## What you will do
Word for word, transcribe the data below from the line with "attempt-Batch wait c" to the line with "inl none_left ↦", keeping both of those lines.

───── Entries supplied ─────

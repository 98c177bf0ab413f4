-- ===== src/CmdCache/Batches.antt =====
-- What the command queue (replica/cmdcache.go) proposes and accepts.
use mathlib.Core.Path.{subst}
use hotstuff_repbased_leader.Prelude.{
  ℕ, zero, suc, ◌+◌, ◌≡◌, ◌≤◌, ◌<◌, refl, true, false, none, some, Option, List, [], ◌∷◌, arith,
  ltb, leb, Option-cases, Bool-cases, inl, inr, List-cases, length, length-append, Dict, insert,
  lookup-insert, if◌then◌else◌,
}
use hotstuff_repbased_leader.CmdCache.{
  ClientCommand, CmdCache, serial_no, is_old, add_command, add_all, take_batch, attempt, get_batch,
  none_old, raise_serials, accept, proposed,
}

-- The commands that are not too old.
abbrev pub fresh : Dict ℕ → List ClientCommand → List ClientCommand
fresh serials [] = []
fresh serials (cmd ∷ cmds) =
    if is_old serials cmd then fresh serials cmds else cmd ∷ fresh serials cmds

abbrev pub take {ℓ} : {A : Type ℓ} → ℕ → List A → List A
take zero xs = []
take (suc n) [] = []
take (suc n) (x ∷ xs) = x ∷ take n xs

abbrev pub drop {ℓ} : {A : Type ℓ} → ℕ → List A → List A
drop zero xs = xs
drop (suc n) [] = []
drop (suc n) (x ∷ xs) = drop n xs

-- A batch of at most `n` commands holds the first `n` commands of the queue that are not too old,
-- in their order, and what stays in the queue has all the later ones.
pub take_batch_lem :
    (serials : Dict ℕ) (n : ℕ) (queue : List ClientCommand)
    → let (batch, rest) = take_batch serials n queue in
      (batch ≡ take n (fresh serials queue)) × (fresh serials rest ≡ drop n (fresh serials queue))
unfolding take_batch
take_batch_lem serials zero queue = (refl, refl)
take_batch_lem serials (suc n) [] = (refl, refl)
take_batch_lem serials (suc n) (cmd ∷ queue) =
    ground (arith, take_batch_lem serials n queue, take_batch_lem serials (suc n) queue)

length-take_batch :
    (serials : Dict ℕ) (n : ℕ) (queue : List ClientCommand)
    → length (take_batch serials n queue).0 ≤ n
unfolding take_batch
length-take_batch serials zero queue = omega arith
length-take_batch serials (suc n) [] = omega arith
length-take_batch serials (suc n) (cmd ∷ queue) =
    ground (arith, length-take_batch serials n queue, length-take_batch serials (suc n) queue)

take_batch-none_old :
    (serials : Dict ℕ) (n : ℕ) (queue : List ClientCommand)
    → none_old serials (take_batch serials n queue).0 ≡ true
unfolding take_batch none_old
take_batch-none_old serials zero queue = refl
take_batch-none_old serials (suc n) [] = refl
take_batch-none_old serials (suc n) (cmd ∷ queue) =
    ground (arith, take_batch-none_old serials n queue, take_batch-none_old serials (suc n) queue)

add_all_same :
    (cmds : List ClientCommand) (c : CmdCache)
    → ((add_all cmds c).serial_numbers ≡ c.serial_numbers)
      × ((add_all cmds c).batch_size ≡ c.batch_size)
unfolding add_command
add_all_same [] c = (refl, refl)
add_all_same (cmd ∷ cmds) c = ground (arith, add_all_same cmds (add_command cmd c).0)

-- A batch that is proposed: encoded, not empty, within the size, and with no command too old.
pub record Batch (marshal : List ClientCommand → Option (List ℕ)) (c : CmdCache) (cmd : List ℕ)
    : Type 0 where
  pub batch : List ClientCommand
  pub encoded : marshal batch ≡ some cmd
  pub nonempty : 0 < length batch
  pub within : length batch ≤ c.batch_size
  pub new : none_old c.serial_numbers batch ≡ true

module _ (marshal : List ClientCommand → Option (List ℕ)) where
  Batch-same :
      (c d : CmdCache) {cmd : List ℕ}
      → c.serial_numbers ≡ d.serial_numbers
      → c.batch_size ≡ d.batch_size
      → Batch marshal d cmd
      → Batch marshal c cmd
  Batch-same c d p q b = record {
    batch = b.batch;
    encoded = b.encoded;
    nonempty = b.nonempty;
    within = rw q b.within;
    new = rw p b.new;
  }

  attempt-Batch :
      (wait : CmdCache → CmdCache × Option (List ℕ)) (c : CmdCache) (cmd : List ℕ)
      → ((d : CmdCache)
          → d.serial_numbers ≡ c.serial_numbers
          → d.batch_size ≡ c.batch_size
          → (wait d).1 ≡ some cmd
          → Batch marshal c cmd)
      → (attempt marshal wait c).1 ≡ some cmd
      → Batch marshal c cmd
  unfolding attempt
  attempt-Batch wait c cmd later h =
      let (batch, rest) = take_batch c.serial_numbers c.batch_size c.cache in
      elim (Bool-cases (leb (length c.cache) c.batch_size)) [
        | inl short ↦ later c refl refl (ground arith)
        | inr long ↦ elim (List-cases batch) [
          | inl none_left ↦ later (record c { cache = rest }) refl refl (ground arith)
          | inr (x, xs, taken) ↦ record {
            batch = x ∷ xs;
            encoded = ground arith;
            nonempty = omega arith;
            within =
                subst (λ (b : List ClientCommand). length b ≤ c.batch_size) taken
                  (length-take_batch c.serial_numbers c.batch_size c.cache);
            new =
                subst (λ (b : List ClientCommand). none_old c.serial_numbers b ≡ true) taken
                  (take_batch-none_old c.serial_numbers c.batch_size c.cache);
          }
        ]
      ]

  -- Every command that `Get` returns encodes a batch that is not empty, holds at most the batch size
  -- and no command that is too old.
  pub get_batch-Batch :
      (wakes : List (List ClientCommand)) (c : CmdCache) (cmd : List ℕ)
      → (get_batch marshal wakes c).1 ≡ some cmd
      → Batch marshal c cmd
  unfolding get_batch
  get_batch-Batch [] c cmd h = attempt-Batch (λ c'. (c', none)) c cmd (λ d p q e. ground arith) h
  get_batch-Batch (w ∷ ws) c cmd h =
      attempt-Batch (λ c'. get_batch marshal ws (add_all w c')) c cmd
        (λ d p q e.
          let (s, b) = add_all_same w d in
          Batch-same c (add_all w d) (ground arith) (ground arith)
            (get_batch-Batch ws (add_all w d) cmd e))
        h

  -- `addCommand` notifies `Get` when the queue reaches the batch size, and `Get` then finds the queue
  -- still too short: it goes on waiting, and gives up if the view ends.
  pub notified_too_early :
      (cmd : ClientCommand) (c : CmdCache)
      → is_old c.serial_numbers cmd ≡ false
      → length c.cache + 1 ≡ c.batch_size
      → ((add_command cmd c).1 ≡ true)
        × (get_batch marshal [] (add_command cmd c).0 ≡ ((add_command cmd c).0, none))
  unfolding add_command get_batch
  notified_too_early cmd c young exact = (
    ground (arith, length-append c.cache (cmd ∷ [])),
    ground (arith, length-append c.cache (cmd ∷ [])),
  )

-- One round of the loop of `Proposed`.
raise_serial-le :
    (cmd : ClientCommand) (serials : Dict ℕ) (id : ℕ)
    → serial_no serials id
      ≤ serial_no
          (if ltb (serial_no serials cmd.client_id) cmd.sequence_number
            then insert cmd.client_id cmd.sequence_number serials
            else serials)
          id
unfolding serial_no
raise_serial-le cmd serials id =
    ground (arith, lookup-insert cmd.client_id id cmd.sequence_number serials)

raise_serial_self :
    (cmd : ClientCommand) (serials : Dict ℕ)
    → cmd.sequence_number
      ≤ serial_no
          (if ltb (serial_no serials cmd.client_id) cmd.sequence_number
            then insert cmd.client_id cmd.sequence_number serials
            else serials)
          cmd.client_id
unfolding serial_no
raise_serial_self cmd serials =
    ground (arith, lookup-insert cmd.client_id cmd.client_id cmd.sequence_number serials)

raise_serials-le :
    (cmds : List ClientCommand) (serials : Dict ℕ) (id : ℕ)
    → serial_no serials id ≤ serial_no (raise_serials cmds serials) id
unfolding raise_serials
raise_serials-le [] serials id = omega arith
raise_serials-le (cmd ∷ cmds) serials id =
    let raised =
      if ltb (serial_no serials cmd.client_id) cmd.sequence_number
      then insert cmd.client_id cmd.sequence_number serials
      else serials in
    omega (arith, raise_serial-le cmd serials id, raise_serials-le cmds raised id)

raise_serials_first :
    (cmd : ClientCommand) (cmds : List ClientCommand) (serials : Dict ℕ)
    → cmd.sequence_number ≤ serial_no (raise_serials (cmd ∷ cmds) serials) cmd.client_id
unfolding raise_serials
raise_serials_first cmd cmds serials =
    let raised =
      if ltb (serial_no serials cmd.client_id) cmd.sequence_number
      then insert cmd.client_id cmd.sequence_number serials
      else serials in
    omega (arith, raise_serial_self cmd serials, raise_serials-le cmds raised cmd.client_id)

module _ (unmarshal : List ℕ → Option (List ClientCommand)) (cmd : List ℕ) (c : CmdCache) where
  -- After `Proposed` a batch is not accepted again, if it is not empty.
  pub accept-proposed :
      (first : ClientCommand) (others : List ClientCommand)
      → unmarshal cmd ≡ some (first ∷ others)
      → accept unmarshal cmd (proposed unmarshal cmd c) ≡ false
  unfolding accept proposed none_old is_old
  accept-proposed first others e = ground (arith, raise_serials_first first others c.serial_numbers)

  -- `Proposed` lowers the counter of no client, so what was too old stays too old.
  pub serial_no-proposed :
      (id : ℕ)
      → serial_no c.serial_numbers id ≤ serial_no (proposed unmarshal cmd c).serial_numbers id
  unfolding proposed
  serial_no-proposed id = elim (Option-cases (unmarshal cmd)) [
    | inl malformed ↦ rw (malformed, proposed) (omega arith)
    | inr (batch, decoded) ↦ rw (decoded, proposed) (raise_serials-le batch c.serial_numbers id)
  ]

─────

## Reply to the exercise
  attempt-Batch wait c cmd later h =
      let (batch, rest) = take_batch c.serial_numbers c.batch_size c.cache in
      elim (Bool-cases (leb (length c.cache) c.batch_size)) [
        | inl short ↦ later c refl refl (ground arith)
        | inr long ↦ elim (List-cases batch) [
          | inl none_left ↦ later (record c { cache = rest }) refl refl (ground arith)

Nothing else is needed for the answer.